I ended up exhausted during the first few weeks! Everybody was calling me, asking: “What are you up to?” I said: “Nothing, I’m sitting on the couch watching some series. I’m dead tired from seeing you all doing so many things!” I mean, there is not enough time in the day! It’s madness.  After this pandemic, I don’t mean to say that world will have changed, but some things will definitely change. And that goes for the world of disability too.

In what sense…?

All the organisations are great and do their job, but many of them are not entirely open. We work with children with different types of disability who don’t have access to regular sport clubs. Clubs don’t take them because they don’t know how to work with them. But we take care of them. We teach them how to ski, surf, and cycle.  Then, we work with the regular clubs to assess them on how to include these children and integrate them as part of the club. Families feel very grateful because the whole process develops in a natural way. In addition, ski clubs that work with children with disabilities have now realised that this brings other beneficial effects. In front of these children’s efforts, other kids are less prone to just sit down on the snow and say: “Oh, I’m so tired!” Everybody wins.  And when you manage to make organisations think about them as regular customers, you’ve made it, you’ve planted the seed

On a slope at La Molina ski resort, a Play & Train guide gives directions to a blind skier. Image by Óscar Vall.
On a slope at La Molina ski resort, a Play & Train guide gives directions to a blind skier. Image by Óscar Vall.

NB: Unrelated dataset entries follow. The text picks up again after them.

-- ===== src/Examples/Acks.antt =====
-- The theorem on acknowledged writes at a concrete input: a leader of three nodes.
use ferrium.Common.{
  ◌+◌, ℕ, ◌≡◌, refl, arith, true, List, [], ◌∷◌, none, ◌++◌, bytes, lookup, insert, str_eq,
}
use ferrium.Raft.Log
use ferrium.Raft.Log.Index.{Fits}
use ferrium.Raft.Node
use ferrium.Raft.State.{
  reset, reset_loop, next_index, match_index, set_next_index, set_match_index, contains, clear,
  record_vote, count,
}
use ferrium.Raft.Node.{majority, cluster_size, send}
use ferrium.Raft.Node.Replicate.{
  replicated_on, pushed, send_append, broadcast_loop, broadcast_append, committable, commit_scan,
  advance_commit, apply_one, apply_loop, maybe_compact, apply_committed,
}
use ferrium.Raft.Node.Roles.{
  become_follower, become_leader, request_loop, reset_election_timer, stand, become_candidate,
}
use ferrium.Raft.Node.Handlers.{
  handle_append_entries, accept_append, handle_request_vote_reply, handle_append_entries_reply,
}
use ferrium.Raft.Node.Drive.{take_ready, tick, step, dispatch, propose}
use ferrium.Raft.Message
use ferrium.Raft.Message.{request_vote_reply, append_entries, append_entries_reply}
use ferrium.Storage.Engine
use ferrium.Storage.Apply.{apply, WriteCommand, set}
use ferrium.Net.Config.{Config}
use ferrium.Server.{
  Driver, Event, ticked, inbound, request, propose_write, round, loop, on_event, process_ready,
  handle_request, answer_propose, apply_all, update_metrics, drop_waiters, apply_entry, resolve,
  push_waiter, fail_waiters, send_all, remove_waiters, committed,
}
use ferrium.Server.Start.{initial_driver}
use ferrium.Server.Handover.{Acknowledges}
use ferrium.Server.Acknowledged.{Allowed, loop-Acknowledges}
use ferrium.Server.Prompt.{IsPrompt, IsOrderly, asked, loop-IsPrompt}
use ferrium.Server.Answers.{waiting, answered}
use ferrium.Examples.Nets.{config1}
use ferrium.Examples.Nodes.{fixed}
use ferrium.Examples.Driver.{some_bytes, lengths, encode_command, decode_command}

abbrev config3 : Config
config3 = record config1 { peers = record { id = bytes "n2"; addr = config1.addr } ∷ [] }

abbrev written : ℕ → WriteCommand
written done = set (bytes "k") (bytes "v")

-- It wins the election of term 1 and takes a write.
abbrev es : List (Event fixed lengths)
es =
    ticked
    ∷ ticked
    ∷ ticked
    ∷ ticked
    ∷ ticked
    ∷ ticked
    ∷ inbound (bytes "n2")
        (request_vote_reply (record { term = 1; vote_granted = true; voter_id = bytes "n2" }))
    ∷ request (propose_write (written 7) 7)
    ∷ []

abbrev d1 : Driver ℕ
d1 = loop fixed lengths es (initial_driver fixed config3)

-- Another node has the entry.
abbrev stored : Event fixed lengths
stored = inbound (bytes "n2") (
    append_entries_reply (record {
      term = 1;
      success = true;
      match_index = 1;
      follower_id = bytes "n2";
      conflict_index = 0;
    }))

-- The third node has become the leader of term 2, and sends another entry for the index that the
-- client waits for, already committed.
abbrev overthrown : Event fixed lengths
overthrown = inbound (bytes "n3") (
    append_entries (record {
      term = 2;
      leader_id = bytes "n3";
      prev_log_index = 0;
      prev_log_term = 0;
      entries = record { term = 2; command = encode_command (set (bytes "a") (bytes "b")) } ∷ [];
      leader_commit = 1;
    }))

abbrev d2 : Driver ℕ
d2 = round fixed lengths overthrown d1

-- The run is allowed, the node still leads behind the next round, and the client has its answer. If the
-- leader is overthrown instead, the client is told that its write is committed, and it is lost.
d1-leads :
    Allowed fixed lengths written es (initial_driver fixed config3)
    × Fits (on_event fixed lengths stored d1).node.log
    × (Node.is_leader (round fixed lengths stored d1).node ≡ true)
    × ((round fixed lengths stored d1).outcomes ≡ (7, committed) ∷ [])
    × IsOrderly fixed lengths (es ++ stored ∷ []) (initial_driver fixed config3)
    × ((d2.outcomes ≡ (7, committed) ∷ []) × (Engine.get d2.storage (bytes "k") ≡ none))
unfolding initial_driver Node.new Node.initial_rng Node.is_leader round process_ready on_event
    handle_request answer_propose apply_all apply_entry resolve update_metrics drop_waiters loop
    take_ready apply_committed maybe_compact apply_loop apply_one tick step dispatch propose
    become_candidate become_leader majority count record_vote Log.append Log.last_index Log.get
    advance_commit commit_scan committable broadcast_append broadcast_loop send_append send
    reset_election_timer handle_request_vote_reply handle_append_entries_reply request_loop
    cluster_size stand reset reset_loop next_index match_index set_next_index set_match_index
    contains clear replicated_on pushed lookup insert str_eq Message.term Log.term_at
    Log.entries_from Log.last_term push_waiter encode_command decode_command send_all remove_waiters
    fail_waiters handle_append_entries accept_append become_follower Log.matches Log.splice
    Log.splice_loop Log.agrees Log.truncate_from Engine.get Engine.set apply
d1-leads = (
  (
    tt,
    omega arith,
    (
      tt,
      omega arith,
      (
        tt,
        omega arith,
        (
          tt,
          omega arith,
          (tt, omega arith, (tt, omega arith, (tt, omega arith, (refl, omega arith, tt)))),
        ),
      ),
    ),
  ),
  omega arith,
  refl,
  refl,
  (
    omega arith,
    (
      omega arith,
      (
        omega arith,
        (
          omega arith,
          (omega arith, (omega arith, (omega arith, (omega arith, (omega arith, tt))))),
        ),
      ),
    ),
  ),
  (refl, refl),
)

loop-Acknowledges_example :
    Acknowledges lengths written
      (take_ready (on_event fixed lengths stored d1).node).1.committed
      d1
      (round fixed lengths stored d1)
loop-Acknowledges_example =
    let (allowed, room, leads, told, orderly, lost) = d1-leads in
    loop-Acknowledges fixed lengths written config3 es stored allowed tt room leads

loop-IsPrompt_example :
    IsPrompt (loop fixed lengths (es ++ stored ∷ []) (initial_driver fixed config3))
    × ((k : ℕ)
        → waiting k (loop fixed lengths (es ++ stored ∷ []) (initial_driver fixed config3)).waiters
            + answered k
                (loop fixed lengths (es ++ stored ∷ []) (initial_driver fixed config3)).outcomes
          ≡ asked fixed lengths k (es ++ stored ∷ []))
loop-IsPrompt_example =
    let (allowed, room, leads, told, orderly, lost) = d1-leads in
    loop-IsPrompt fixed lengths some_bytes config3 (es ++ stored ∷ []) orderly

How can inclusive tourism be integrated in the tourism supply? What can we tell the agents?

The same thing I told the people at La Molina back in the day. You need to show them a spread sheet and say: “There is a market niche here that can be very important to you. You’d be fools to let it go”. Because when people with a disability go somewhere and they feel comfortable, and the environment poses no problem to them, they’re the most loyal customers you can imagine.  And as customers, they’re the ones that spend the most.

How are you facing the uncertainty of the coming “new normal” at Play & Train? 

We are worried, this is not an easy situation, but for some time now we have been planning to launch an educational platform with several goals. Education for tourism: providing tools so that the different tourism agents consider the person with a disability as one more client in his environment and that they can offer adapted packages in a normal manner, like for the rest of the clients. We are also seeing to organise training courses for young people with disabilities.This is still on a brainstorming phase. We’d like tooffer online training that we think can have applications in the tourism field, and maybe give them the chance to work at tourism offices. Who knows best about the needs of a customer with disabilities, or how to cater for them?  We already did this at our ski resort. We had teachers with disabilities who were qualified sport instructors among our staff. Sometimes people with disabilities can be very sharp, and don’t hesitate to tell you:  “Please, don’t come and tell me how I feel, because you don’t have a clue”. If the instructor also happens to have a disability, there’s no discussion.